▶ [Data under study]
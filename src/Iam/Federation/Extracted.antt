-- ===== src/Iam/Federation/Extracted.antt =====
-- Which trusts are extracted
-- (crates/activable-iam-engine/src/federation.rs).
use activable_cloud.Prelude.{
  ◌≡◌, refl, subst, inl, inr, Bool, true, false, List, [], ◌∷◌, ◌++◌, map, Option, none, some, Text,
  codes, text_eq, All, All-append, Bool-cases, if◌then◌else◌,
}
use activable_cloud.Prelude.Errors.{Result, ok, >>=-eq-ok, ok_injective, ok_or, map_err}
use activable_cloud.Prelude.Options
use activable_cloud.Prelude.Split.{contains_text}
use activable_cloud.Json.{
  Value, string, array, object, Items, nil, cons, Fields, as_object, as_array, get,
  extract_string_or_array,
}
use activable_cloud.Iam.Federation.{
  FederationProviderType, saml, oidc, FederationCondition, FederationTrust, is_federation_principal,
  Categorized, categorize_federation_principal, categorize_all, categorize_items,
  federated_principals, principal_trusts, extract_federation_principals, detect_weakness, trust_of,
  statement_conditions, statement_effect, statement_trusts, extract_statements,
  extract_federation_trusts,
}

abbrev pub IsSaml : Text → Type 0
IsSaml arn = contains_text arn (codes "saml-provider") ≡ true

-- An ARN that names both counts as SAML.
abbrev pub IsOidc : Text → Type 0
IsOidc arn =
    (contains_text arn (codes "oidc-provider") ≡ true)
    × (contains_text arn (codes "saml-provider") ≡ false)

abbrev AreCategorized : Categorized → Type 0
AreCategorized found = All IsSaml found.0 × All IsOidc found.1

All-snoc {ℓ} :
    {A : Type ℓ} (P : A → Type 0) (xs : List A) (x : A) → All P xs → P x → All P (xs ++ x ∷ [])
All-snoc P [] x h p = (p, tt)
All-snoc P (y ∷ xs) x h p = (h.0, All-snoc P xs x h.1 p)

categorize-AreCategorized :
    (p : Text) (found : Categorized)
    → AreCategorized found
    → AreCategorized (categorize_federation_principal p found)
unfolding categorize_federation_principal
categorize-AreCategorized p (ss, os) h =
    elim (Bool-cases (contains_text p (codes "saml-provider"))) [
      | inl s ↦ rw s (All-snoc IsSaml ss p h.0 s, h.1)
      | inr n ↦ elim (Bool-cases (contains_text p (codes "oidc-provider"))) [
        | inl o ↦ rw (n, o) (h.0, All-snoc IsOidc os p h.1 (o, n))
        | inr m ↦ rw (n, m) h
      ]
    ]

categorize_all-AreCategorized :
    (ps : List Text) (found : Categorized)
    → AreCategorized found
    → AreCategorized (categorize_all ps found)
categorize_all-AreCategorized [] found h = h
categorize_all-AreCategorized (p ∷ ps) found h =
    categorize_all-AreCategorized ps (categorize_federation_principal p found)
      (categorize-AreCategorized p found h)

if-AreCategorized :
    (b : Bool) (p : Text) (found : Categorized)
    → AreCategorized found
    → AreCategorized (if b then categorize_federation_principal p found else found)
if-AreCategorized true p found h = categorize-AreCategorized p found h
if-AreCategorized false p found h = h

categorize_items-AreCategorized :
    (items : Items) (found : Categorized)
    → AreCategorized found
    → AreCategorized (categorize_items items found)
categorize_items-AreCategorized nil found h = h
categorize_items-AreCategorized (cons (string s) rest) found h =
    categorize_items-AreCategorized rest _ (if-AreCategorized (is_federation_principal s) s found h)
categorize_items-AreCategorized (cons _ rest) found h = categorize_items-AreCategorized rest found h

federated-AreCategorized : (v : Option Value) → AreCategorized (federated_principals v)
federated-AreCategorized none = (tt, tt)
federated-AreCategorized (some v) =
    categorize_all-AreCategorized (extract_string_or_array v) ([], []) (tt, tt)

principals-AreCategorized :
    (v : Value) {found : Categorized}
    → extract_federation_principals v ≡ ok found
    → AreCategorized found
unfolding extract_federation_principals
principals-AreCategorized (string s) h =
    subst AreCategorized (ok_injective h)
      (if-AreCategorized (is_federation_principal s) s ([], []) (tt, tt))
principals-AreCategorized (object obj) h =
    subst AreCategorized (ok_injective h) (federated-AreCategorized (get (codes "Federated") obj))
principals-AreCategorized (array items) h =
    subst AreCategorized (ok_injective h) (categorize_items-AreCategorized items ([], []) (tt, tt))
principals-AreCategorized _ h = subst AreCategorized (ok_injective h) (tt, tt)

-- A trust as the extraction makes it: its type is that of its provider, its weakness that of its conditions.
abbrev pub FitsProvider : FederationProviderType → Text → Type 0
FitsProvider saml arn = IsSaml arn
FitsProvider oidc arn = IsOidc arn

pub record IsExtracted (role_arn : Text) (t : FederationTrust) : Type 0 where
  pub role : t.role_arn ≡ role_arn
  pub provider : FitsProvider t.provider_type t.provider_arn
  pub judged : t.weakness ≡ detect_weakness t.conditions t.provider_type

trust_of-All :
    (type : FederationProviderType) (role_arn : Text) (cs : List FederationCondition)
    (arns : List Text)
    → All (FitsProvider type) arns
    → All (IsExtracted role_arn) (map (trust_of type role_arn cs) arns)
trust_of-All type role_arn cs [] h = tt
trust_of-All type role_arn cs (arn ∷ arns) h =
    (record { role = refl; provider = h.0; judged = refl }, trust_of-All type role_arn cs arns h.1)

principal_trusts-All :
    (role_arn : Text) (cs : List FederationCondition) (v : Option Value) {ts : List FederationTrust}
    → principal_trusts role_arn cs v ≡ ok ts
    → All (IsExtracted role_arn) ts
principal_trusts-All role_arn cs none h = subst (All (IsExtracted role_arn)) (ok_injective h) tt
principal_trusts-All role_arn cs (some v) h =
    let ((ss, os), found, e) = >>=-eq-ok (extract_federation_principals v) _ h in
    let (are_saml, are_oidc) = principals-AreCategorized v found in
    subst (All (IsExtracted role_arn)) (ok_injective e) (
      All-append (IsExtracted role_arn) (map (trust_of saml role_arn cs) ss)
        (map (trust_of oidc role_arn cs) os) (trust_of-All saml role_arn cs ss are_saml)
        (trust_of-All oidc role_arn cs os are_oidc))

statement_trusts-All :
    (role_arn : Text) (stmt : Fields) {ts : List FederationTrust}
    → statement_trusts role_arn stmt ≡ ok ts
    → All (IsExtracted role_arn) ts
unfolding statement_trusts
statement_trusts-All role_arn stmt h =
    elim (Bool-cases (text_eq (statement_effect stmt) (codes "Allow"))) [
      | inl e ↦
          principal_trusts-All role_arn (statement_conditions stmt) (get (codes "Principal") stmt)
            (rw e at h)
      | inr n ↦ subst (All (IsExtracted role_arn)) (ok_injective (rw n at h)) tt
    ]

extract_statements-All :
    (role_arn : Text) (stmts : Items) {ts : List FederationTrust}
    → extract_statements role_arn stmts ≡ ok ts
    → All (IsExtracted role_arn) ts
unfolding extract_statements
extract_statements-All role_arn nil h = subst (All (IsExtracted role_arn)) (ok_injective h) tt
extract_statements-All role_arn (cons stmt rest) h =
    let (obj, _, with_obj) = >>=-eq-ok (ok_or (as_object stmt) _) _ h in
    let (first, found, with_first) = >>=-eq-ok (statement_trusts role_arn obj) _ with_obj in
    let (later, found_later, e) = >>=-eq-ok (extract_statements role_arn rest) _ with_first in
    subst (All (IsExtracted role_arn)) (ok_injective e) (
      All-append (IsExtracted role_arn) first later (statement_trusts-All role_arn obj found)
        (extract_statements-All role_arn rest found_later))

module _ (from_str : Text → Result Text Value) where
  pub extract_federation_trusts-All :
      (json role_arn : Text) {ts : List FederationTrust}
      → extract_federation_trusts from_str json role_arn ≡ ok ts
      → All (IsExtracted role_arn) ts
  unfolding extract_federation_trusts
  extract_federation_trusts-All json role_arn h =
      let (v, _, with_value) = >>=-eq-ok (map_err _ (from_str json)) _ h in
      let (obj, _, with_obj) = >>=-eq-ok (ok_or (as_object v) _) _ with_value in
      let (stmts, _, found) =
        >>=-eq-ok (ok_or (Options.◌>>=◌ (get (codes "Statement") obj) as_array) _) _ with_obj in
      extract_statements-All role_arn stmts found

▶ [Your objective] Lines with "Result": return each one from the data above.

▶ [Solution for this exercise]
use activable_cloud.Prelude.Errors.{Result, ok, >>=-eq-ok, ok_injective, ok_or, map_err}
module _ (from_str : Text → Result Text Value) where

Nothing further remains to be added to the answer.